- _Instructions for the task_:
All the data beneath this line is to be reproduced exactly.

- _The data_:
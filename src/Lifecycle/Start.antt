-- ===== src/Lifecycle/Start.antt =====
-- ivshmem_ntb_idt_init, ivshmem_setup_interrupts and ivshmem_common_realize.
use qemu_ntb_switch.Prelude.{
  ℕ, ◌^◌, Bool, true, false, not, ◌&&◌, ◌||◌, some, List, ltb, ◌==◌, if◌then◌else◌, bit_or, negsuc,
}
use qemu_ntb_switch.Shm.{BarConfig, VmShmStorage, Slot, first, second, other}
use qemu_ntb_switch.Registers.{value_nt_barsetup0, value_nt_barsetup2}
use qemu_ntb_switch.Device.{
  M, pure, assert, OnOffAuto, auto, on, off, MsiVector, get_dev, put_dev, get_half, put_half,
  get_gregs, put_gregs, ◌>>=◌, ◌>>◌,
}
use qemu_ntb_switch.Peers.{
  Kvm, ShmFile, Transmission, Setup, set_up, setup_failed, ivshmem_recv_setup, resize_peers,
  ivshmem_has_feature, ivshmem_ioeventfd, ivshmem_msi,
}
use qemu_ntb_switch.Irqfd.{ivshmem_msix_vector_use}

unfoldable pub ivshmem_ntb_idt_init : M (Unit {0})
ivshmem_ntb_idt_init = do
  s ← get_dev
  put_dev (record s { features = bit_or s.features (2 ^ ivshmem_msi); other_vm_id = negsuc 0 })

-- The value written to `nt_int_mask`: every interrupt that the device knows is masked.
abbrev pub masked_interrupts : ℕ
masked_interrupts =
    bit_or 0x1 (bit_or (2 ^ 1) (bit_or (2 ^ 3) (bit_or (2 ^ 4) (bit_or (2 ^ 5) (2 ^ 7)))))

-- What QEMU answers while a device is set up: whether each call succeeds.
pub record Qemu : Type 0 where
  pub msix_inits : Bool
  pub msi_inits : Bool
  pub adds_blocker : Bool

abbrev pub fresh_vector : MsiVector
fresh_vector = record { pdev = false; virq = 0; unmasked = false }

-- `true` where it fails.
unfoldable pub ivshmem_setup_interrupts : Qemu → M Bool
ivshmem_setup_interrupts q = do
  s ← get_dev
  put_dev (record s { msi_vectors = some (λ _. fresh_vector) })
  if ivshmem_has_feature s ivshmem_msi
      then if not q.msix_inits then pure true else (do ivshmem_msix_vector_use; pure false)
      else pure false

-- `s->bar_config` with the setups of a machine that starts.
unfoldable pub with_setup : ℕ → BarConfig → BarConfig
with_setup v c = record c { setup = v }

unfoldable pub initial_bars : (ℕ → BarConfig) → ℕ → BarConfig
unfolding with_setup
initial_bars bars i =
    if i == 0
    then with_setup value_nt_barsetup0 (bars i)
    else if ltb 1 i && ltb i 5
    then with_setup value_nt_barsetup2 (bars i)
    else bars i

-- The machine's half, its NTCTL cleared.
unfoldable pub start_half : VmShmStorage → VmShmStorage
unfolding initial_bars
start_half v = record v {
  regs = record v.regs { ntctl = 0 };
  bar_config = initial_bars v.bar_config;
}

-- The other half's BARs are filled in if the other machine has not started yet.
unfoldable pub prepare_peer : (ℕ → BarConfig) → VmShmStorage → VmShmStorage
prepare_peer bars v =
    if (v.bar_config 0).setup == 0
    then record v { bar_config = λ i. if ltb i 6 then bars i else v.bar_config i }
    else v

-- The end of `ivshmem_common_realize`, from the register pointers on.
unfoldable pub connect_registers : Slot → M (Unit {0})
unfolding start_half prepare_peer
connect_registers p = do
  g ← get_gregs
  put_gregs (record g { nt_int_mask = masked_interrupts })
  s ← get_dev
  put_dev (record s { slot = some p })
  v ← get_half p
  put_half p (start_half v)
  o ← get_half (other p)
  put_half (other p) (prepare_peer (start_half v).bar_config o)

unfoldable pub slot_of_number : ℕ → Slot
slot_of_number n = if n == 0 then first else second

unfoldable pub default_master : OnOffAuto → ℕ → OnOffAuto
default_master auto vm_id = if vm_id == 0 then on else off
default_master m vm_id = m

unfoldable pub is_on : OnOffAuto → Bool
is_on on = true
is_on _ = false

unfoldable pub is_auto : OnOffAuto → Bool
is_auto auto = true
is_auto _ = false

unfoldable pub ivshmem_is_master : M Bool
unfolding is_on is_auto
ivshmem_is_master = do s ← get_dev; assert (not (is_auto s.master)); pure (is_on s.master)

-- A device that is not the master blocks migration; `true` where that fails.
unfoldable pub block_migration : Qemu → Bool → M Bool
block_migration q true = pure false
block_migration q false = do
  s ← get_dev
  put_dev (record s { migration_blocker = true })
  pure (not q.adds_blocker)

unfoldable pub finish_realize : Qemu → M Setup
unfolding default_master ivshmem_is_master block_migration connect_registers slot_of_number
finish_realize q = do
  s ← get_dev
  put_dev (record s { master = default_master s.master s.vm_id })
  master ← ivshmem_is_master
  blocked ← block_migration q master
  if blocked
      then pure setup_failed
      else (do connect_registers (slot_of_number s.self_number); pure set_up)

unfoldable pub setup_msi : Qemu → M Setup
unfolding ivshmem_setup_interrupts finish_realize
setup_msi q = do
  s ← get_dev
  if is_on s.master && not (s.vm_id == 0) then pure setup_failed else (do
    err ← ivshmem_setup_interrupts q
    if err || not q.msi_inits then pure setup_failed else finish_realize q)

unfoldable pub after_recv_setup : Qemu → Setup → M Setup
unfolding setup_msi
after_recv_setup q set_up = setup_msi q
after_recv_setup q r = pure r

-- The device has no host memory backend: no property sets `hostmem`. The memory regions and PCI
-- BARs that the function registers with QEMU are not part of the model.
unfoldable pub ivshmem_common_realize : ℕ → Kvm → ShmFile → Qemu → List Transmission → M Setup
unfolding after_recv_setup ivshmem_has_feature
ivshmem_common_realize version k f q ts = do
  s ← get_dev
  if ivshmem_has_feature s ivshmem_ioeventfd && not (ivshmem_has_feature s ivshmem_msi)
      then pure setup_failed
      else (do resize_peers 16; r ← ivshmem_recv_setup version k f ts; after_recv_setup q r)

- _Answer box_:
filename src/Lifecycle/Start.antt
-- ===== src/Lifecycle/Start.antt =====
-- ivshmem_ntb_idt_init, ivshmem_setup_interrupts and ivshmem_common_realize.
use qemu_ntb_switch.Prelude.{
  ℕ, ◌^◌, Bool, true, false, not, ◌&&◌, ◌||◌, some, List, ltb, ◌==◌, if◌then◌else◌, bit_or, negsuc,
}
use qemu_ntb_switch.Shm.{BarConfig, VmShmStorage, Slot, first, second, other}
use qemu_ntb_switch.Registers.{value_nt_barsetup0, value_nt_barsetup2}
use qemu_ntb_switch.Device.{
  M, pure, assert, OnOffAuto, auto, on, off, MsiVector, get_dev, put_dev, get_half, put_half,
  get_gregs, put_gregs, ◌>>=◌, ◌>>◌,
}
use qemu_ntb_switch.Peers.{
  Kvm, ShmFile, Transmission, Setup, set_up, setup_failed, ivshmem_recv_setup, resize_peers,
  ivshmem_has_feature, ivshmem_ioeventfd, ivshmem_msi,
}
use qemu_ntb_switch.Irqfd.{ivshmem_msix_vector_use}

unfoldable pub ivshmem_ntb_idt_init : M (Unit {0})
ivshmem_ntb_idt_init = do
  s ← get_dev
  put_dev (record s { features = bit_or s.features (2 ^ ivshmem_msi); other_vm_id = negsuc 0 })

-- The value written to `nt_int_mask`: every interrupt that the device knows is masked.
abbrev pub masked_interrupts : ℕ
masked_interrupts =
    bit_or 0x1 (bit_or (2 ^ 1) (bit_or (2 ^ 3) (bit_or (2 ^ 4) (bit_or (2 ^ 5) (2 ^ 7)))))

-- What QEMU answers while a device is set up: whether each call succeeds.
pub record Qemu : Type 0 where
  pub msix_inits : Bool
  pub msi_inits : Bool
  pub adds_blocker : Bool

abbrev pub fresh_vector : MsiVector
fresh_vector = record { pdev = false; virq = 0; unmasked = false }

-- `true` where it fails.
unfoldable pub ivshmem_setup_interrupts : Qemu → M Bool
ivshmem_setup_interrupts q = do
  s ← get_dev
  put_dev (record s { msi_vectors = some (λ _. fresh_vector) })
  if ivshmem_has_feature s ivshmem_msi
      then if not q.msix_inits then pure true else (do ivshmem_msix_vector_use; pure false)
      else pure false

-- `s->bar_config` with the setups of a machine that starts.
unfoldable pub with_setup : ℕ → BarConfig → BarConfig
with_setup v c = record c { setup = v }

unfoldable pub initial_bars : (ℕ → BarConfig) → ℕ → BarConfig
unfolding with_setup
initial_bars bars i =
    if i == 0
    then with_setup value_nt_barsetup0 (bars i)
    else if ltb 1 i && ltb i 5
    then with_setup value_nt_barsetup2 (bars i)
    else bars i

-- The machine's half, its NTCTL cleared.
unfoldable pub start_half : VmShmStorage → VmShmStorage
unfolding initial_bars
start_half v = record v {
  regs = record v.regs { ntctl = 0 };
  bar_config = initial_bars v.bar_config;
}

-- The other half's BARs are filled in if the other machine has not started yet.
unfoldable pub prepare_peer : (ℕ → BarConfig) → VmShmStorage → VmShmStorage
prepare_peer bars v =
    if (v.bar_config 0).setup == 0
    then record v { bar_config = λ i. if ltb i 6 then bars i else v.bar_config i }
    else v

-- The end of `ivshmem_common_realize`, from the register pointers on.
unfoldable pub connect_registers : Slot → M (Unit {0})
unfolding start_half prepare_peer
connect_registers p = do
  g ← get_gregs
  put_gregs (record g { nt_int_mask = masked_interrupts })
  s ← get_dev
  put_dev (record s { slot = some p })
  v ← get_half p
  put_half p (start_half v)
  o ← get_half (other p)
  put_half (other p) (prepare_peer (start_half v).bar_config o)

unfoldable pub slot_of_number : ℕ → Slot
slot_of_number n = if n == 0 then first else second

unfoldable pub default_master : OnOffAuto → ℕ → OnOffAuto
default_master auto vm_id = if vm_id == 0 then on else off
default_master m vm_id = m

unfoldable pub is_on : OnOffAuto → Bool
is_on on = true
is_on _ = false

unfoldable pub is_auto : OnOffAuto → Bool
is_auto auto = true
is_auto _ = false

unfoldable pub ivshmem_is_master : M Bool
unfolding is_on is_auto
ivshmem_is_master = do s ← get_dev; assert (not (is_auto s.master)); pure (is_on s.master)

-- A device that is not the master blocks migration; `true` where that fails.
unfoldable pub block_migration : Qemu → Bool → M Bool
block_migration q true = pure false
block_migration q false = do
  s ← get_dev
  put_dev (record s { migration_blocker = true })
  pure (not q.adds_blocker)

unfoldable pub finish_realize : Qemu → M Setup
unfolding default_master ivshmem_is_master block_migration connect_registers slot_of_number
finish_realize q = do
  s ← get_dev
  put_dev (record s { master = default_master s.master s.vm_id })
  master ← ivshmem_is_master
  blocked ← block_migration q master
  if blocked
      then pure setup_failed
      else (do connect_registers (slot_of_number s.self_number); pure set_up)

unfoldable pub setup_msi : Qemu → M Setup
unfolding ivshmem_setup_interrupts finish_realize
setup_msi q = do
  s ← get_dev
  if is_on s.master && not (s.vm_id == 0) then pure setup_failed else (do
    err ← ivshmem_setup_interrupts q
    if err || not q.msi_inits then pure setup_failed else finish_realize q)

unfoldable pub after_recv_setup : Qemu → Setup → M Setup
unfolding setup_msi
after_recv_setup q set_up = setup_msi q
after_recv_setup q r = pure r

-- The device has no host memory backend: no property sets `hostmem`. The memory regions and PCI
-- BARs that the function registers with QEMU are not part of the model.
unfoldable pub ivshmem_common_realize : ℕ → Kvm → ShmFile → Qemu → List Transmission → M Setup
unfolding after_recv_setup ivshmem_has_feature
ivshmem_common_realize version k f q ts = do
  s ← get_dev
  if ivshmem_has_feature s ivshmem_ioeventfd && not (ivshmem_has_feature s ivshmem_msi)
      then pure setup_failed
      else (do resize_peers 16; r ← ivshmem_recv_setup version k f ts; after_recv_setup q r)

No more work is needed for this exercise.